I have a pair of FSA RD-400 wheels and have had nothing but trouble with them. The rear hub kept coming apart (axle nuts loosening) and causing the cassette/chain to jam/rip into the rear chain/seat stays. Fortunately they were being used on a full aluminum frame at the time, otherwise (if carbon) they might have trashed the frame. The only way I could solve the problem was by using thread-locker (didn't matter how much I tightened them without thread-locker, they would still come apart). The wheels are 100 grams heavier than advertised by FSA. The nipples seize so the wheels become untrueable. The design of the rims allows water to get in through the nipple holes (maybe contributing to the seizing of the threads in the hidden nipples). These are my son's wheels only (light weight rider of 130 lbs); I've never used them. Rear spoke breakage occurred with resultant scratching of the carbon seat stays on his next bike. I couldn't order replacement spokes from FSA. Had to go to an authorized dealer (LBS) so he could order a new set of spokes/nipples for me. I had him rebuild the rear wheel with OEM spokes/nipples at a cost of over $100. 30 miles later another new spoke breaks at the nipple on the other side of the rear wheel scarring up the other carbon seat stay. Now I have to go back to the LBS and hope that he has a spoke in stock. The cassette ratcheting mechanism has always been extremely noisy. Took it apart and greased it but that only quieted it down for a week or so. If you have these wheels don't use them on any frame that you value, because your seat and chain stays are at high risk, if not your entire frame. At this point, I should probably just cut my losses and throw them in the trash. If I ever have the time (doubtful) I might try to rebuild the rear wheel with some quality spokes (e.g. Sapim cx-ray).


----------



## SpamnRice (Nov 17, 2007)

That sux, I've got a set of el-cheapo RD-200's. They're on my beater bike. They've got about 3000 miles of abuse on them. Not a single complaint. Potholes, gravel roads and curb jumping .....


----------



## [email protected] (Jul 6, 2007)

Glad to hear FSA does a better job on their less expensive wheels. 



SpamnRice said:


> That sux, I've got a set of el-cheapo RD-200's. They're on my beater bike. They've got about 3000 miles of abuse on them. Not a single complaint. Potholes, gravel roads and curb jumping .....


----------



## kjuel2 (Jan 15, 2007)

well, their RD-88 have worked for me training over crappy roads too, for the last year at least.


----------



## Hooben (Aug 22, 2004)

RD-88's no complaints here either, very tough inexpensive wheel.


----------



## Loose Nut (Dec 21, 2009)

If Ryan Trebon can win the U.S. Cyclocross National Championships riding on FSA carbon wheels it says enough doesn't it?


----------



## backinthesaddle (Nov 22, 2006)

Loose Nut said:


> If Ryan Trebon can win the U.S. Cyclocross National Championships riding on FSA carbon wheels it says enough doesn't it?

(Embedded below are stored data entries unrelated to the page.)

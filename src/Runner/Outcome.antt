-- ===== src/Runner/Outcome.antt =====
-- src/autoperf/runner.py, `_record_step_outcome`: a finished scenario step, as events.
use auto_perf.Prelude.{
  ℕ, String, Bool, false, Option, none, some, List, [], ◌∷◌, ◌++◌, ◌==◌, ltb, if◌then◌else◌,
}
use auto_perf.Models.{Kind}
use auto_perf.Storage.Rows.{Event}

-- `step.kwargs["target"]`, as far as the runner reads it
pub record Target : Type 0 where
  pub name : String
  pub coordinate_only : Bool

-- adapters.py, class ScenarioStep; the time is in microseconds
pub record ScenarioStep : Type 0 where
  pub at : ℕ
  pub action : String
  pub target : Option Target
  pub app_package : Option String

-- the dict that an element action returns, or the cost that its error carries
pub record Report : Type 0 where
  pub strategy : Option String
  pub dumps : ℕ

-- `future.result()`: what the action returned, or the exception it raised
pub data StepResult : Type 0 where
  returned : Option Report → StepResult
  verification_error : ℕ → StepResult
  other_error : StepResult

abbrev event : ℕ → String → Kind → Event
event now run_id kind = record { run_id = run_id; timestamp = now; kind = kind }

-- `bool(getattr(target, "coordinate_only", False))`
abbrev pub is_expected : Option Target → Bool
is_expected none = false
is_expected (some t) = t.coordinate_only

-- `outcome.get("strategy") == "coordinates"`
abbrev pub fell_back : Option String → Bool
fell_back none = false
fell_back (some s) = s == "coordinates"

abbrev introspection : ℕ → String → ℕ → List Event
introspection now run_id dumps =
    if ltb 0 dumps then event now run_id Kind.ui_introspection ∷ [] else []

abbrev fallback : ℕ → String → ScenarioStep → Option String → List Event
fallback now run_id step strategy =
    if fell_back strategy
    then event now run_id Kind.selector_fallback
      ∷ (if is_expected step.target then [] else event now run_id Kind.selector_stale ∷ [])
    else []

unfoldable pub record_step_outcome : ℕ → String → ScenarioStep → StepResult → List Event
record_step_outcome now run_id step (verification_error dumps) =
    event now run_id Kind.verification_failed ∷ introspection now run_id dumps
record_step_outcome now run_id step other_error = event now run_id Kind.adapter_error ∷ []
record_step_outcome now run_id step (returned none) = event now run_id Kind.adapter_action ∷ []
record_step_outcome now run_id step (returned (some report)) =
    fallback now run_id step report.strategy
    ++ (introspection now run_id report.dumps ++ event now run_id Kind.adapter_action ∷ [])

-- the events of the steps that have finished, in their order
unfoldable pub record_outcomes : ℕ → String → List (ScenarioStep × StepResult) → List Event
record_outcomes now run_id [] = []
record_outcomes now run_id ((step, result) ∷ rest) =
    record_step_outcome now run_id step result ++ record_outcomes now run_id rest
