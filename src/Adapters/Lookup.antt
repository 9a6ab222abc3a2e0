-- ===== src/Adapters/Lookup.antt =====
-- src/autoperf/adapters.py, ElementActionsMixin: the lookup with its retries, and the tap on a phone.
-- Times are in microseconds, and `now` is the time since the lookup began.
use auto_perf.Prelude.{
  ℕ, zero, suc, ◌+◌, String, Bool, true, false, not, Option, none, some, List, [], ◌∷◌, ◌==◌, ltb,
  if◌then◌else◌,
}
use auto_perf.Prelude.Int.{ℤ}
use auto_perf.UiAuto.{Node, Target, Resolution, resolve}
use auto_perf.Runner.Outcome.{StepResult, returned, verification_error, other_error}

-- class Waits, as far as a lookup reads it
pub record Waits : Type 0 where
  pub resolve_attempts : ℕ
  pub resolve_retry : ℕ
  pub resolve_budget : ℕ
  pub max_focus_steps : ℕ

abbrev pub waits : Waits
waits = record {
  resolve_attempts = 3;
  resolve_retry = 1_000_000;
  resolve_budget = 7_000_000;
  max_focus_steps = 12;
}

-- one dump: its nodes, none where it failed, how long it took, and the time until the next check
pub record Dump : Type 0 where
  pub nodes : List Node
  pub spent : ℕ
  pub lag : ℕ

-- the dict `cost`, without `dump_seconds`, which is for display
pub record Cost : Type 0 where
  pub dumps : ℕ
  pub resolve_budget_spent : Bool

abbrev pub no_cost : Cost
no_cost = record { dumps = 0; resolve_budget_spent = false }

abbrev pub add_dump : Cost → Cost
add_dump c = record c { dumps = suc c.dumps }

-- `resolution is not None and resolution.strategy != "coordinates"`
abbrev pub is_match : Option Resolution → Bool
is_match none = false
is_match (some r) = not (r.strategy == "coordinates")

-- the pause before another attempt, which the last one does not make
abbrev pub pause : Waits → ℕ → ℕ
pause w zero = 0
pause w (suc left) = w.resolve_retry

module _ (lower : String → String) (t : Target) (screen : ℕ × ℕ) (device : ℕ → Dump) where
  -- what an attempt finds
  abbrev pub seen : ℕ → Option Resolution
  seen attempt = resolve lower t (device attempt).nodes screen

  -- the loop of `_resolve`, with `left` attempts to go
  unfoldable pub attempts : Waits → ℕ → ℕ → ℕ → Cost → Option Resolution → Option Resolution × Cost
  attempts w zero attempt now cost resolution = (resolution, cost)
  attempts w (suc left) attempt now cost resolution =
      let dump = device attempt in
      let spent = add_dump cost in
      let checked = now + dump.spent + dump.lag in
      let rest = attempts w left (suc attempt) (checked + pause w left) spent (seen attempt) in
      if is_match (seen attempt)
      then (seen attempt, spent)
      else if ltb w.resolve_budget (checked + w.resolve_retry + dump.spent)
      then (seen attempt, record spent { resolve_budget_spent = true })
      else rest

  -- `_resolve`
  unfoldable pub lookup : Waits → Option Resolution × Cost
  unfolding attempts
  lookup w = attempts w w.resolve_attempts 0 0 no_cost none

-- ElementNotFound with its cost, what the tap itself raised, or the tap and its report
pub data Tapped : Type 0 where
  not_found : Cost → Tapped
  tap_error : Tapped
  tapped : ℤ × ℤ → String → Cost → Tapped

abbrev pub tap_resolved : Bool → Option Resolution × Cost → Tapped
tap_resolved raises (none, cost) = not_found cost
tap_resolved raises (some r, cost) = if raises then tap_error else tapped r.point r.strategy cost

-- `tap_element`, on a phone; `raises` says whether `self.tap` raises
unfoldable pub tap_element : (String → String) → Target → ℕ × ℕ → (ℕ → Dump) → Waits → Bool → Tapped
unfolding lookup
tap_element lower t screen device w raises = tap_resolved raises (lookup lower t screen device w)

-- what the runner reads off the finished step
abbrev pub step_result : Tapped → StepResult
step_result (not_found cost) = verification_error cost.dumps
step_result tap_error = other_error
step_result (tapped point strategy cost) =
    returned (some (record { strategy = some strategy; dumps = cost.dumps }))

-- `dumpsys window`: the package in front and whether the device is locked, where it says so
pub record Window : Type 0 where
  pub focus : Option String
  pub locked : Option Bool

-- a check passes, says that it could not tell, or fails
pub data Verdict : Type 0 where
  verified unknown failed : Verdict

-- `PACKAGE_MAP.get(package, (package, None))[0]`
unfoldable pub mapped_package : List (String × String) → String → String
mapped_package [] app = app
mapped_package ((name, mapped) ∷ rest) app = if name == app then mapped else mapped_package rest app

abbrev pub in_front : String → Option String → Verdict
in_front app none = unknown
in_front app (some front) = if front == app then verified else failed

abbrev pub is_locked : Option Bool → Bool
is_locked none = false
is_locked (some locked) = locked

unfoldable pub verify_foreground : List (String × String) → String → Window → Verdict
unfolding mapped_package
verify_foreground packages app window =
    if is_locked window.locked then failed else in_front (mapped_package packages app) window.focus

Nope. It says that he gets free parts from them. 

FSA wheels suck. I blew through 3 sets of RD400 wheels inside of a year. Broken rims, borken spokes and a hubshell that was machined/cast so poorly that the bearing was bound when pressed in and wouldn't turn.

There are better choices to be had. 

Remember, a good deal sometimes isn't...


----------



## Mike T. (Feb 3, 2004)

Loose Nut said:


> If Ryan Trebon can win the U.S. Cyclocross National Championships riding on FSA carbon wheels it says enough doesn't it?


Anecdotal evidence at its finest. It tells us that (pit bike not considered here) a (sponsor provided) set if wheels lasted one race. No more.


----------